[Recorded data]
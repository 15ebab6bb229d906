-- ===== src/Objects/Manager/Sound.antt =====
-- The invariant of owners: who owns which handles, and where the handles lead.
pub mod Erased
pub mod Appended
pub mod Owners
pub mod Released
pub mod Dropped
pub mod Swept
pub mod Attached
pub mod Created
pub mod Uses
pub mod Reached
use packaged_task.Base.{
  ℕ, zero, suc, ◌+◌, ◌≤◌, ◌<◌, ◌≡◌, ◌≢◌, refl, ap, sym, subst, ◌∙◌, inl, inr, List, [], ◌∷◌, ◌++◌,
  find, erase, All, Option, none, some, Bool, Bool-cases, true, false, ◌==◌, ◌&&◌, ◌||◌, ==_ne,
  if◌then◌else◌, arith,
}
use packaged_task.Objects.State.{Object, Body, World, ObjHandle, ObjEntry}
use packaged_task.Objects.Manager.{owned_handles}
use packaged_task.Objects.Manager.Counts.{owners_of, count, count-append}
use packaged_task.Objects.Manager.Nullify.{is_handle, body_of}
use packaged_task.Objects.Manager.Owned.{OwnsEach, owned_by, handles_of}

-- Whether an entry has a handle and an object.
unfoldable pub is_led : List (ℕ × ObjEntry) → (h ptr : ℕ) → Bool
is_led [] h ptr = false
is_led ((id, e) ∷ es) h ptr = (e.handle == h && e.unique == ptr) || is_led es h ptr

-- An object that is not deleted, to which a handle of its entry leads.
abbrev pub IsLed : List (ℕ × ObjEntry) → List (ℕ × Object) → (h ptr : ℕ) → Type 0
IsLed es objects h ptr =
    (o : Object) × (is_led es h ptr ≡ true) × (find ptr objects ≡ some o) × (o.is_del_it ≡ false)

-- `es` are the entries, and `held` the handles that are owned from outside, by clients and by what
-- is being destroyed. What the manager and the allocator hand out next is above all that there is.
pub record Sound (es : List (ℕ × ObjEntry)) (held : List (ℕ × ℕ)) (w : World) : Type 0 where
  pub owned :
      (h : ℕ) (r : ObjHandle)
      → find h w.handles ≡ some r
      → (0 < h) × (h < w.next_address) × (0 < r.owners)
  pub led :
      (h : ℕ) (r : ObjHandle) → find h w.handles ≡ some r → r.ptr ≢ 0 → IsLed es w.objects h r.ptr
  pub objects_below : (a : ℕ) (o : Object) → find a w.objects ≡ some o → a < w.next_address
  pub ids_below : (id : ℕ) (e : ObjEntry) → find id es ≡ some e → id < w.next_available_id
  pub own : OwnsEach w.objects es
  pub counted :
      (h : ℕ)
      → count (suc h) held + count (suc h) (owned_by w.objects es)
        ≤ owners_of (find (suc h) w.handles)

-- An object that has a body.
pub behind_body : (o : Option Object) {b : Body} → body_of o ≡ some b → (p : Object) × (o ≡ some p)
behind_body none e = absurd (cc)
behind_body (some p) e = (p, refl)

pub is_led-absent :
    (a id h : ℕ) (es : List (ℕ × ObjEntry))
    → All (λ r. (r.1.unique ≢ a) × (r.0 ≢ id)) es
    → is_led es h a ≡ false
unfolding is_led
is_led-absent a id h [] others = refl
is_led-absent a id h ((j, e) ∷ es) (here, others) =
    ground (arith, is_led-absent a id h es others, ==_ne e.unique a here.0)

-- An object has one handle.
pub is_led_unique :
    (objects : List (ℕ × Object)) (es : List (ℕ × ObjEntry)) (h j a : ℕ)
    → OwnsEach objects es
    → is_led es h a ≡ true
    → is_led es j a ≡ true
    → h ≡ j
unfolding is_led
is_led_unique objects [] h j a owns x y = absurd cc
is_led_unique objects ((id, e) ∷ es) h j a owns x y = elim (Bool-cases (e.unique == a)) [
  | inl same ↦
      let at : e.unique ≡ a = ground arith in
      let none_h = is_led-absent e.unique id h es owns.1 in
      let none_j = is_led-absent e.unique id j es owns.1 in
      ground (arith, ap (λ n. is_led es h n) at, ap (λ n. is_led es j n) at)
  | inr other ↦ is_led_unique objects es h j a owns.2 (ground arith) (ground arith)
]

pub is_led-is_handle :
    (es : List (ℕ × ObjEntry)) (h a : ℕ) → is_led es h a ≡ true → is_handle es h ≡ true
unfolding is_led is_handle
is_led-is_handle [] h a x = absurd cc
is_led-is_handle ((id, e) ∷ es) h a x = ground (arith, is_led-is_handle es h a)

**Try it:**
Where the string "cases" turns up in a line of the data above, copy that whole line.

**Solution for this task:**
  find, erase, All, Option, none, some, Bool, Bool-cases, true, false, ◌==◌, ◌&&◌, ◌||◌, ==_ne,
is_led_unique objects ((id, e) ∷ es) h j a owns x y = elim (Bool-cases (e.unique == a)) [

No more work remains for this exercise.